▸ **Input data**:
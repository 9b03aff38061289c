-- ===== src/Store/Sessions.antt =====
-- Which credentials a session may use: none at first, and only what the human has enabled.
use joyvend_secretvault.Shared.{
  ℕ, ◌≡◌, ◌≢◌, refl, sym, ap, ◌∙◌, Bool, true, false, Option, List, [], ◌∷◌, arith, Bool-cases, inl,
  inr, if◌then◌else◌, ok, err, is_some, Result,
}
use joyvend_secretvault.Text.{Bytes, bytes_eq, bytes_eq_iff}
use joyvend_secretvault.Maps.{lookup, lookup-insert, lookup-erase}
use joyvend_secretvault.Model.{Credential}
use joyvend_secretvault.Validate.{ValidationError, validate_credential, matches_name}
use joyvend_secretvault.Store.{
  Library, Store, Io, save, put, put_valid, delete, enable, flag, stamp, without_credential,
}
use joyvend_secretvault.Store.Audit.{append_audit, clear_audit_before}
use joyvend_secretvault.Store.Lifecycle.{close}
use joyvend_secretvault.Store.Operations.{
  Op, put_op, delete_op, enable_op, append_op, clear_op, close_op, run_op, run_ops,
  save-KeepsMemory,
}

-- The flag of a name, and whether there is such a credential.
abbrev pub is_on : Bytes → Store → Bool
is_on name s = flag (lookup name s.enabled)

abbrev pub exists : Bytes → Store → Bool
exists name s = is_some (lookup name s.doc.credentials)

-- Only credentials that exist are enabled.
abbrev pub IsConsistent : Store → Type 0
IsConsistent s = (name : Bytes) → is_on name s ≡ true → exists name s ≡ true

-- What an operation makes of the flag of a name.
abbrev pub flag_after : Op → Bytes → Store → Bool
flag_after (enable_op n on) name s =
    if exists n s then (if bytes_eq n name then on else is_on name s) else is_on name s
flag_after (delete_op io n) name s = if bytes_eq n name then false else is_on name s
flag_after _ name s = is_on name s

module _ (lib : Library) where
  is_on-save : (io : Io) (s : Store) (name : Bytes) → is_on name (save lib io s).0 ≡ is_on name s
  is_on-save io s name = ap (λ m. flag (lookup name m)) ((save-KeepsMemory lib io s).same_enabled)

  exists-save : (io : Io) (s : Store) (name : Bytes) → exists name (save lib io s).0 ≡ exists name s
  exists-save io s name =
      ap (λ d. is_some (lookup name d.credentials)) ((save-KeepsMemory lib io s).same_doc)

  is_on-put_valid :
      (io : Io) (now : ℕ) (n : Bytes) (r : Result ValidationError Credential) (s : Store)
      (name : Bytes)
      → is_on name (put_valid lib io now n r s).0 ≡ is_on name s
  unfolding put_valid
  is_on-put_valid io now n (err e) s name = refl
  is_on-put_valid io now n (ok c) s name = is_on-save io _ name

  exists-put_valid :
      (io : Io) (now : ℕ) (n : Bytes) (r : Result ValidationError Credential) (s : Store)
      (name : Bytes)
      → exists name s ≡ true
      → exists name (put_valid lib io now n r s).0 ≡ true
  unfolding put_valid
  exists-put_valid io now n (err e) s name h = h
  exists-put_valid io now n (ok c) s name h =
      exists-save io _ name
      ∙ ground (arith, lookup-insert n name (stamp lib now c) s.doc.credentials)

  is_on-put :
      (io : Io) (now : ℕ) (n : Bytes) (c : Option Credential) (s : Store) (name : Bytes)
      → is_on name (put lib io now n c s).0 ≡ is_on name s
  unfolding put
  is_on-put io now n c s name = elim (Bool-cases (matches_name n)) [
    | inl t ↦ rw t (is_on-put_valid io now n (validate_credential lib.parsers c) s name)
    | inr f ↦ rw f refl
  ]

  exists-put :
      (io : Io) (now : ℕ) (n : Bytes) (c : Option Credential) (s : Store) (name : Bytes)
      → exists name s ≡ true
      → exists name (put lib io now n c s).0 ≡ true
  unfolding put
  exists-put io now n c s name h = elim (Bool-cases (matches_name n)) [
    | inl t ↦ rw t (exists-put_valid io now n (validate_credential lib.parsers c) s name h)
    | inr f ↦ rw f h
  ]

  is_on-delete :
      (io : Io) (n : Bytes) (s : Store) (name : Bytes)
      → (is_on n s ≡ true → exists n s ≡ true)
      → is_on name (delete lib io n s).0 ≡ (if bytes_eq n name then false else is_on name s)
  unfolding delete
  is_on-delete io n s name h = ground (
    arith,
    h,
    is_on-save io (without_credential n s) name,
    lookup-erase n name s.enabled,
    bytes_eq_iff n name,
  )

  exists-delete :
      (io : Io) (n : Bytes) (s : Store) (name : Bytes)
      → bytes_eq n name ≡ false
      → exists name (delete lib io n s).0 ≡ exists name s
  unfolding delete
  exists-delete io n s name h =
      ground
        (arith, exists-save io (without_credential n s) name, lookup-erase n name s.doc.credentials)

  is_on-enable :
      (n : Bytes) (on : Bool) (s : Store) (name : Bytes)
      → is_on name (enable n on s).0 ≡ flag_after (enable_op n on) name s
  unfolding enable
  is_on-enable n on s name = ground (arith, lookup-insert n name on s.enabled)

  exists-enable :
      (n : Bytes) (on : Bool) (s : Store) (name : Bytes)
      → exists name (enable n on s).0 ≡ exists name s
  unfolding enable
  exists-enable n on s name = ground arith

  -- The flag of a name after any operation, for a store whose enabled credentials exist.
  is_on-run_op :
      (op : Op) (s : Store) (name : Bytes)
      → IsConsistent s
      → is_on name (run_op lib op s).0 ≡ flag_after op name s
  unfolding run_op
  is_on-run_op (put_op io now n c) s name h = is_on-put io now n c s name
  is_on-run_op (delete_op io n) s name h = is_on-delete io n s name (h n)
  is_on-run_op (enable_op n on) s name h = is_on-enable n on s name
  is_on-run_op (append_op io e) s name h = unfold append_audit in is_on-save io _ name
  is_on-run_op (clear_op io cutoff) s name h = unfold clear_audit_before in is_on-save io _ name
  is_on-run_op (close_op io) s name h = unfold close in ground (arith, is_on-save io s name)

  exists-run_op :
      (op : Op) (s : Store) (name : Bytes)
      → flag_after op name s ≡ true
      → IsConsistent s
      → exists name (run_op lib op s).0 ≡ true
  unfolding run_op
  exists-run_op (put_op io now n c) s name on h = exists-put io now n c s name (h name on)
  exists-run_op (delete_op io n) s name on h = ground (arith, exists-delete io n s name, h name)
  exists-run_op (enable_op n b) s name on h =
      ground (arith, exists-enable n b s name, h name, bytes_eq_iff n name)
  exists-run_op (append_op io e) s name on h =
      unfold append_audit in exists-save io _ name ∙ h name on
  exists-run_op (clear_op io cutoff) s name on h =
      unfold clear_audit_before in exists-save io _ name ∙ h name on
  exists-run_op (close_op io) s name on h =
      unfold close in ground (arith, exists-save io s name, h name)

  pub run_op-IsConsistent :
      (op : Op) (s : Store) → IsConsistent s → IsConsistent (run_op lib op s).0
  run_op-IsConsistent op s h name on =
      exists-run_op op s name (sym (is_on-run_op op s name h) ∙ on) h

  -- Every sequence of operations on a store whose enabled credentials exist keeps it so.
  pub run_ops-IsConsistent :
      (ops : List Op) (s : Store) → IsConsistent s → IsConsistent (run_ops lib ops s)
  unfolding run_ops
  run_ops-IsConsistent [] s h = h
  run_ops-IsConsistent (op ∷ ops) s h =
      run_ops-IsConsistent ops (run_op lib op s).0 (run_op-IsConsistent op s h)

-- What the human last said of a name: enabled, or disabled or deleted; `said` is from before.
abbrev pub said_after : Op → Bytes → Bool → Bool
said_after (enable_op n on) name said = if bytes_eq n name then on else said
said_after (delete_op io n) name said = if bytes_eq n name then false else said
said_after _ name said = said

abbrev pub granted : Bytes → Bool → List Op → Bool
granted name said [] = said
granted name said (op ∷ ops) = granted name (said_after op name said) ops

said_of_flag :
    (op : Op) (name : Bytes) (s : Store) (said : Bool)
    → (is_on name s ≡ true → said ≡ true)
    → (is_on name s ≡ true → exists name s ≡ true)
    → flag_after op name s ≡ true
    → said_after op name said ≡ true
said_of_flag (enable_op n on) name s said before there h =
    ground (arith, before, there, bytes_eq_iff n name)
said_of_flag (delete_op io n) name s said before there h = ground (arith, before)
said_of_flag _ name s said before there h = before h

module _ (lib : Library) where
  granted-run_ops :
      (ops : List Op) (s : Store) (name : Bytes) (said : Bool)
      → IsConsistent s
      → (is_on name s ≡ true → said ≡ true)
      → is_on name (run_ops lib ops s) ≡ true
      → granted name said ops ≡ true
  unfolding run_ops
  granted-run_ops [] s name said h before on = before on
  granted-run_ops (op ∷ ops) s name said h before on =
      granted-run_ops ops (run_op lib op s).0 name (said_after op name said)
        (run_op-IsConsistent lib op s h)
        (λ e. said_of_flag op name s said before (h name) (sym (is_on-run_op lib op s name h) ∙ e))
        on

  -- In a session that starts with nothing enabled, a credential is enabled only if the last
  -- operation that enabled, disabled or deleted its name was one that enabled it.
  pub run_ops-granted :
      (ops : List Op) (s : Store) (name : Bytes)
      → s.enabled ≡ []
      → is_on name (run_ops lib ops s) ≡ true
      → granted name false ops ≡ true
  unfolding lookup
  run_ops-granted ops s name fresh on =
      granted-run_ops ops s name false (λ n e. absurd (off n e)) (λ e. absurd (off name e)) on
    where
      off : (n : Bytes) → is_on n s ≢ true
      off n e = ground arith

▸ **Assignment**: Show each line of the listing that holds the string "parsers".

▸ **Result of this task**:
    | inl t ↦ rw t (is_on-put_valid io now n (validate_credential lib.parsers c) s name)
    | inl t ↦ rw t (exists-put_valid io now n (validate_credential lib.parsers c) s name h)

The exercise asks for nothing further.